Monday, July 16, 2012

Does Failing to Report Cash in An Antique Business Spell Reduced Support Obligations?

Three Ontario Superior Court of Justice cases reported over the past two years, confirm what I had suspected as a consequence of practicing family law for close to 20 years:

Those who earn money in the antique business and fail to report that income, or consistently show business losses, stand a fairly good chance of either avoiding paying full support to their former spouses, or unfairly receiving support.

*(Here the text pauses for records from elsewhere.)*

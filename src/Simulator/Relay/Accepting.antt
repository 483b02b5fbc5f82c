-- ===== src/Simulator/Relay/Accepting.antt =====
-- What a call of the RPC methods of crates/execution/simulator/src/validation/mod.rs that is
-- accepted is known to fulfil.
use mathlib.Core.Path.{subst}
use ethgas_reth.Base.{
  ℕ, ltb, ◌==◌, ◌||◌, not, ◌≡◌, refl, sym, ◌≤◌, ◌⊎◌, length, inl, inr, arith, Bool, true, false,
  List, Option, none, some, Bool-cases,
}
use ethgas_reth.Simulator.Types.{
  SubmittedBlock, Result, ok, err, NewPayloadError, ValidationApiError, invalid_blobs_bundle, blob,
  check_with, fail_if, bind-eq-ok, then-eq-ok,
}
use ethgas_reth.Simulator.Submission.{Engine, Views, Request}
use ethgas_reth.Simulator.Submission.Accepted.{
  IsAccepted, validate_message_against_block-IsAccepted,
}
use ethgas_reth.Simulator.Submission.Outcomes.{ok-injective}
use ethgas_reth.Simulator.Relay.{
  BlobsBundle, PayloadVersion, v3, v4, Payloads, RelayRequest, RelayCall, unsupported,
  submission_v4, submission_v5, submission_v6, merged_v5, merged_v6, accepted, versioned,
  validate_blobs_bundle, validate_blobs_bundle_v2, well_formed, check_size, payload_into_block,
  block_of_v4, converted, decoded, validate_block, spawn_validation, verdict_of, answer,
}

converted-eq-ok : {A : Type 0} (found : Option A) (a : A) → converted found ≡ ok a → found ≡ some a
converted-eq-ok none a h = cc
converted-eq-ok (some b) a h = cc

decoded-eq-ok :
    (found : NewPayloadError ⊎ SubmittedBlock) (block : SubmittedBlock)
    → decoded found ≡ ok block
    → found ≡ inr block
decoded-eq-ok (inl e) block h = cc
decoded-eq-ok (inr found) block h = cc

check_with-eq-ok :
    {E : Type 0} (found : Option E) (f : E → ValidationApiError)
    → check_with found f ≡ ok tt
    → found ≡ none
check_with-eq-ok none f h = cc
check_with-eq-ok (some e) f h = cc

fail_if-eq-ok : (test : Bool) (e : ValidationApiError) → fail_if test e ≡ ok tt → test ≡ false
fail_if-eq-ok true e h = cc
fail_if-eq-ok false e h = cc

lengths_agree : (a b c : ℕ) → (not (a == b) || not (a == c)) ≡ false → (a ≡ b) × (a ≡ c)
lengths_agree a b c h = ground arith

module _ (payloads : Payloads) where
  open payloads use {
    pop_sidecar, try_into_sidecar, validate_sidecar, ensure_well_formed_payload,
    is_osaka_active_at_timestamp, max_rlp_block_size,
  }

  -- The payload, with the hashes of the bundle's commitments, is a well-formed one of this block.
  abbrev pub IsWellFormed : PayloadVersion → RelayRequest → SubmittedBlock → Type 0
  IsWellFormed version request block =
      ensure_well_formed_payload record {
        version = version;
        execution_payload = request.execution_payload;
        parent_beacon_block_root = request.parent_beacon_block_root;
        versioned_hashes = versioned payloads request.blobs_bundle;
        requests = request.execution_requests;
      }
      ≡ inr block

  abbrev pub IsWithinSize : SubmittedBlock → Type 0
  IsWithinSize block =
      (is_osaka_active_at_timestamp block.timestamp ≡ true) → block.rlp_length ≤ max_rlp_block_size

  -- The bundle has as many proofs and blobs as commitments, and its sidecar is valid.
  abbrev pub IsBundle : BlobsBundle → Type 0
  IsBundle bundle =
      (length bundle.commitments ≡ length bundle.proofs)
      × (length bundle.commitments ≡ length bundle.blobs)
      × (validate_sidecar (pop_sidecar bundle (length bundle.blobs)) (versioned payloads bundle)
          ≡ none)

  abbrev pub IsBundleV2 : BlobsBundle → Type 0
  IsBundleV2 bundle =
      (sidecar : payloads.Sidecar) × (try_into_sidecar bundle ≡ some sidecar)
      × (validate_sidecar sidecar (versioned payloads bundle) ≡ none)

  check_size-IsWithinSize :
      (found block : SubmittedBlock)
      → check_size payloads found ≡ ok block
      → (found ≡ block) × IsWithinSize found
  unfolding check_size
  check_size-IsWithinSize found block h =
      elim (Bool-cases (is_osaka_active_at_timestamp found.timestamp)) [
        | inl e ↦ elim (Bool-cases (ltb max_rlp_block_size found.rlp_length)) [
          | inl f ↦ ground (arith, e, f, h)
          | inr f ↦ (ground (arith, e, f, h), λ _. ground (arith, f))
        ]
        | inr e ↦ (ground (arith, e, h), λ on. cc)
      ]

  validate_blobs_bundle-IsBundle :
      (bundle : BlobsBundle) (hashes : List ℕ)
      → validate_blobs_bundle payloads bundle ≡ ok hashes
      → (versioned payloads bundle ≡ hashes) × IsBundle bundle
  unfolding validate_blobs_bundle
  validate_blobs_bundle-IsBundle bundle hashes h =
      let (same, h1) =
        then-eq-ok
          (fail_if
            (not (length bundle.commitments == length bundle.proofs)
              || not (length bundle.commitments == length bundle.blobs))
            invalid_blobs_bundle)
          _ hashes h in
      let (valid, h2) =
        then-eq-ok
          (check_with
            (validate_sidecar (pop_sidecar bundle (length bundle.blobs))
              (versioned payloads bundle))
            blob)
          (ok (versioned payloads bundle)) hashes h1 in
      let (proofs, blobs) =
        lengths_agree (length bundle.commitments) (length bundle.proofs) (length bundle.blobs)
          (fail_if-eq-ok _ invalid_blobs_bundle same) in
      (ok-injective h2, (proofs, blobs, check_with-eq-ok _ blob valid))

  validate_blobs_bundle_v2-IsBundleV2 :
      (bundle : BlobsBundle) (hashes : List ℕ)
      → validate_blobs_bundle_v2 payloads bundle ≡ ok hashes
      → (versioned payloads bundle ≡ hashes) × IsBundleV2 bundle
  unfolding validate_blobs_bundle_v2
  validate_blobs_bundle_v2-IsBundleV2 bundle hashes h =
      let (sidecar, found, h1) = bind-eq-ok (converted (try_into_sidecar bundle)) _ hashes h in
      let (valid, h2) =
        then-eq-ok (check_with (validate_sidecar sidecar (versioned payloads bundle)) blob)
          (ok (versioned payloads bundle)) hashes h1 in
      (ok-injective h2, (sidecar, converted-eq-ok _ sidecar found, check_with-eq-ok _ blob valid))

  abbrev pub IsPayload : PayloadVersion → RelayRequest → SubmittedBlock → Type 0
  IsPayload version request block =
      IsBundleV2 request.blobs_bundle × IsWellFormed version request block × IsWithinSize block

  abbrev pub IsPayloadV4 : RelayRequest → SubmittedBlock → Type 0
  IsPayloadV4 request block = IsBundle request.blobs_bundle × IsWellFormed v3 request block

  payload_into_block-IsPayload :
      (version : PayloadVersion) (request : RelayRequest) (block : SubmittedBlock)
      → payload_into_block payloads version request ≡ ok block
      → IsPayload version request block
  unfolding payload_into_block well_formed
  payload_into_block-IsPayload version request block h =
      let (hashes, bundle, h1) =
        bind-eq-ok (validate_blobs_bundle_v2 payloads request.blobs_bundle) _ block h in
      let (same, is_bundle) =
        validate_blobs_bundle_v2-IsBundleV2 request.blobs_bundle hashes bundle in
      let (found, formed, h2) =
        bind-eq-ok (well_formed payloads version request hashes) (check_size payloads) block h1 in
      let (is_block, sized) = check_size-IsWithinSize found block h2 in
      let start =
        subst (λ hs. well_formed payloads version request hs ≡ ok found) (sym same) formed in
      subst (IsPayload version request) is_block (is_bundle, decoded-eq-ok _ found start, sized)

  block_of_v4-IsPayloadV4 :
      (request : RelayRequest) (block : SubmittedBlock)
      → block_of_v4 payloads request ≡ ok block
      → IsPayloadV4 request block
  unfolding block_of_v4 well_formed
  block_of_v4-IsPayloadV4 request block h =
      let (hashes, bundle, formed) =
        bind-eq-ok (validate_blobs_bundle payloads request.blobs_bundle)
          (well_formed payloads v3 request) block h in
      let (same, is_bundle) = validate_blobs_bundle-IsBundle request.blobs_bundle hashes bundle in
      let start = subst (λ hs. well_formed payloads v3 request hs ≡ ok block) (sym same) formed in
      (is_bundle, decoded-eq-ok _ block start)

  module _ (engine : Engine) (window : ℕ) (views : Views engine) where
    abbrev pub request_of : RelayRequest → Option ℕ → Request engine
    request_of request index = record {
      apply_blacklist = request.apply_blacklist;
      inclusion_list = request.inclusion_list;
      base_payment_tx_index = index;
    }

    -- A block with the property, accepted by the engine for the request.
    abbrev pub IsGood : (SubmittedBlock → Type 0) → RelayRequest → Option ℕ → Type 0
    IsGood P request index =
        (block : SubmittedBlock) × P block
        × IsAccepted engine views block (request_of request index) window request.message

    abbrev pub Served : RelayCall → Type 0
    Served unsupported = ⊥
    Served (submission_v4 request) = IsGood (IsPayloadV4 request) request none
    Served (submission_v5 request) = IsGood (IsPayload v3 request) request none
    Served (submission_v6 request) = IsGood (IsPayload v4 request) request none
    Served (merged_v5 request index) = IsGood (IsPayload v3 request) request (some index)
    Served (merged_v6 request index) = IsGood (IsPayload v4 request) request (some index)

    validate_block-IsGood :
        (P : SubmittedBlock → Type 0) (found : Result SubmittedBlock) (request : RelayRequest)
        (index : Option ℕ)
        → ((block : SubmittedBlock) → found ≡ ok block → P block)
        → (validate_block payloads engine window views found request index).0 ≡ ok tt
        → IsGood P request index
    unfolding validate_block
    validate_block-IsGood P (err e) request index known h = cc
    validate_block-IsGood P (ok block) request index known h = (
      block,
      known block refl,
      validate_message_against_block-IsAccepted engine views block (request_of request index) window
          request.message h,
    )

    verdict_of-Served :
        (call : RelayCall) → (verdict_of payloads engine window views call).0 ≡ ok tt → Served call
    unfolding verdict_of
    verdict_of-Served unsupported h = cc
    verdict_of-Served (submission_v4 request) h =
        validate_block-IsGood _ _ request none (block_of_v4-IsPayloadV4 request) h
    verdict_of-Served (submission_v5 request) h =
        validate_block-IsGood _ _ request none (payload_into_block-IsPayload v3 request) h
    verdict_of-Served (submission_v6 request) h =
        validate_block-IsGood _ _ request none (payload_into_block-IsPayload v4 request) h
    verdict_of-Served (merged_v5 request index) h =
        validate_block-IsGood _ _ request (some index) (payload_into_block-IsPayload v3 request) h
    verdict_of-Served (merged_v6 request index) h =
        validate_block-IsGood _ _ request (some index) (payload_into_block-IsPayload v4 request) h

    spawn_validation-eq-accepted :
        (is_finished : Bool) (verdict : Result (Unit {0}))
        → spawn_validation payloads engine window views is_finished verdict ≡ accepted
        → (is_finished ≡ true) × (verdict ≡ ok tt)
    unfolding spawn_validation
    spawn_validation-eq-accepted false verdict h = cc
    spawn_validation-eq-accepted true (ok _) h = (refl, refl)
    spawn_validation-eq-accepted true (err e) h = cc

    -- A call that is accepted is one of the supported methods, its task finished, and its payload
    -- became a well-formed block with a valid blobs bundle (for version 4 with as many proofs and
    -- blobs as commitments, else within the size limit when Osaka is active), which the checks
    -- against the request's message accept, for a merged call with the request's payment index.
    pub answer-Served :
        (is_finished : Bool) (call : RelayCall)
        → answer payloads engine window views is_finished call ≡ accepted
        → (is_finished ≡ true) × Served call
    unfolding answer
    answer-Served is_finished call h =
        let (finished, passed) = spawn_validation-eq-accepted is_finished _ h in
        (finished, verdict_of-Served call passed)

Just over a year ago I reported the case of Hewitt v. Hewitt, about a husband who had been an auction assistant, a garage sale operator and a picker for antique stores and auctions. At trial his evidence was deliberately obtuse and he was evasive and deceptive. The judge found that he only sporadically, and then inaccurately, reported his income to the tax authorities. The court could not get an accurate handle on what Mr. Hewitt was actually earning. The judge imputed income to Mr. Hewitt for support calculation purposes, of only $20,000 a year, total income before deductions for tax and sundry reductions.

Mr. Hewitt’s wife was ordered to pay him spousal support of $900 per month. At that time I suggested that Mr. Hewitt was being rewarded for his lies, deception and failing to report income. Since then I have come across two other Ontario cases which further indicate to me that the courts are not prepared to delve too deeply into the income earning of people in the antique business, and simply assume that the profits cannot be all that great (i.e.” If he’s not declaring income, then how can he really be earning that much money?”)

In Fyfe v. Jouppien, the husband claimed entitlement to interim support from the wife, at least pending trial of the matrimonial proceeding. Motions for interim support are generally based on affidavit evidence, and only at trial do witnesses take the stand when the full picture emerges.

At the motion for interim support Ms. Fyfe wanted to prove that Mr. Jouppien was earning money from appraising antiques and historical buildings, which he was not reporting to Canada Revenue Agency. She attached evidence (exhibits) to her affidavit, including the following:
  • An article from the Welland Tribune website which indicated that Mr. Jouppien was appraising antiques 
  • A printout from the Welland Tribune website which indicated that he was providing expert appraisals at the Port Colborne Historical and Marine Museum and that he was a member of the Appraisers Guild of Ontario 
  • A printout from the website for Niagara This Week which indicated that he was appraising antiques at a museum in Thorold
Although Mr. Jouppien addressed other allegations against him regarding earning income, he did not reply to the allegations of making money carrying out appraisals of historical items. His lawyer told the court that any money earned from this type of undertaking would be so minor as to not be worthy of note.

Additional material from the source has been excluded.